O Orçamento do Estado (OE) para o próximo exercício flutua entre a poesia, com versos afinados para os votantes dos partidos que suportam o Governo, e a rigorosa matemática imposta por Bruxelas. Poesia é também a referência aos princípios que supostamente inspiram este OE, incluindo o apoio à transição digital e o combate ao declínio demográfico, que depois se limitam a tímidas execuções.

Para os conseguir materializar de forma mais substancial, seria preciso abordar reformas estruturais da despesa do Estado, aumentando a sua produtividade e diminuindo o gigantismo de muitos serviços com relevância decrescente, que nenhum partido com aspirações de governo se atreve a empreender. Por isso, continua a haver demasiado presente e pouco futuro neste OE.

Sem uma narrativa sustentada e poderosa para o futuro do país, qualquer orçamento público acaba por ser um exercício circunstancial em que cada um de nós avalia o impacto que essa folha de cálculo terá no bolso em vez de aferir a coerência com essa visão. Nesse sentido, é dececionante, num contexto tão favorável como o atual, que não se impulsionem medidas mais contundentes de simplificação ou alívio da carga fiscal sobre pessoas e empresas.

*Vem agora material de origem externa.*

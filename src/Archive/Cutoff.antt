-- ===== src/Archive/Cutoff.antt =====
-- What `pop_recyclable` gives away and what it keeps.
use mutsumi_s_sync.Common.{
  ℕ, suc, ◌+◌, ◌-◌, ◌≤◌, ◌<◌, ◌≡◌, false, some, ◌⊎◌, inl, inr, List, [], ◌∷◌, ◌++◌, arith, ltb, leb,
  Bool-cases,
}
use mutsumi_s_sync.Common.{length, take, drop, take-append-drop}
use mutsumi_s_sync.Archive.{
  SlidingArchive, sum_sizes, total, cutoff_from, find_cutoff, pop_recyclable,
}

module _ {T : Type 0} (a : SlidingArchive T) where
  -- From the state after `i` items: the first cutoff whose rest fits, counted from `i`.
  record IsFirstCutoff (items : List T) (i k : ℕ) : Type 0 where
    count : ℕ
    place : k ≡ i + suc count
    inside : suc count ≤ length items
    fits : sum_sizes a.size_of (drop (suc count) items) ≤ a.min_size
    needed : a.min_size < sum_sizes a.size_of (drop count items)

  cutoff_from-first :
      (t acc i : ℕ) (items : List T)
      → t ≡ acc + sum_sizes a.size_of items
      → a.min_size < sum_sizes a.size_of items
      → (k : ℕ) × (cutoff_from a t acc i items ≡ some k) × IsFirstCutoff items i k
  unfolding cutoff_from
  cutoff_from-first t acc i [] h over = absurd (omega arith)
  cutoff_from-first t acc i (item ∷ rest) h over =
      elim (Bool-cases (leb (t - (acc + a.size_of item)) a.min_size)) [
        | inl e ↦ (
          i + 1,
          rw e,
          record {
            count = 0;
            place = omega arith;
            inside = omega arith;
            fits = ground arith;
            needed = over;
          },
        )
        | inr e ↦
            let (k, found, f) =
              cutoff_from-first t (acc + a.size_of item) (suc i) rest (omega arith)
                (ground arith) in
            (
              k,
              rw e found,
              record {
                count = suc f.count;
                place = omega (arith, f.place);
                inside = omega (arith, f.inside);
                fits = f.fits;
                needed = f.needed;
              },
            )
      ]

  -- What is given away and what is kept are the items, in their order: nothing is lost or doubled.
  pub pop_recyclable-partition : (pop_recyclable a).0 ++ (pop_recyclable a).1 ≡ a.items
  unfolding pop_recyclable
  pop_recyclable-partition = elim (Bool-cases (ltb a.max_size (total a))) [
    | inl e ↦ rw e (take-append-drop (find_cutoff a) a.items)
    | inr e ↦ rw e
  ]

  -- With a minimum at most the maximum: over the maximum, as few items as possible are given away
  -- from the front so that the rest fits into the minimum; within the maximum, nothing is.
  pub pop_recyclable-least :
      a.min_size ≤ a.max_size
      → ((total a ≤ a.max_size) × (pop_recyclable a ≡ ([], a.items)))
        ⊎ ((n : ℕ) × (suc n ≤ length a.items)
            × (pop_recyclable a ≡ (take (suc n) a.items, drop (suc n) a.items))
            × (sum_sizes a.size_of (drop (suc n) a.items) ≤ a.min_size)
            × (a.min_size < sum_sizes a.size_of (drop n a.items)))
  unfolding pop_recyclable find_cutoff
  pop_recyclable-least le = elim (Bool-cases (ltb a.max_size (total a))) [
    | inr e ↦ inl (ground arith, rw e)
    | inl e ↦
        let (k, found, f) = cutoff_from-first (total a) 0 0 a.items (omega arith) (ground arith) in
        let over : leb (total a) a.max_size ≡ false = ground arith in
        let k-eq : k ≡ suc f.count = omega (arith, f.place) in
        inr (f.count, f.inside, rw (e, over, found, k-eq), f.fits, f.needed)
  ]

A sociedade respira melhor quando cada um triunfa em função dos seus méritos e o Estado está presente nos momentos duros da vida. Mas este OE continua a drenar recursos à iniciativa privada que não se traduzem em planos de crescimento, aumento da competitividade ou da produtividade que permitam abordar sustentadamente a diminuição da dívida.

No lado mais positivo, começo por congratular-me pelo facto do Governo conseguir orquestrar um orçamento com altas probabilidades de aprovação parlamentar, o que não acontece atualmente noutros muitos países, incluindo a vizinha Espanha. Adicionalmente, os pressupostos macroeconómicos parecem atingíveis, embora o crescimento do PIB seja de menor qualidade pela queda da produção industrial e pelo aumento do consumo. Por isso, seriam desejáveis mais medidas de apoio à exportação, nomeadamente para as PME. O equilíbrio das contas públicas é também positivo, embora esteja facilitado por um cenário de juros baixos dificilmente sustentável por muito mais tempo.

No âmbito social, o reforço do investimento na saúde e noutros serviços essenciais é incontornável, mas infelizmente não se vê compensado por nenhum esforço de reestruturação de outras despesas menos necessárias. Sem uma maior orientação orçamental para ajudar as empresas a criar riqueza, nunca será possível sustentar políticas redistributivas generosas e continuaremos a orçamentar a distribuição da escassez em vez da abundância.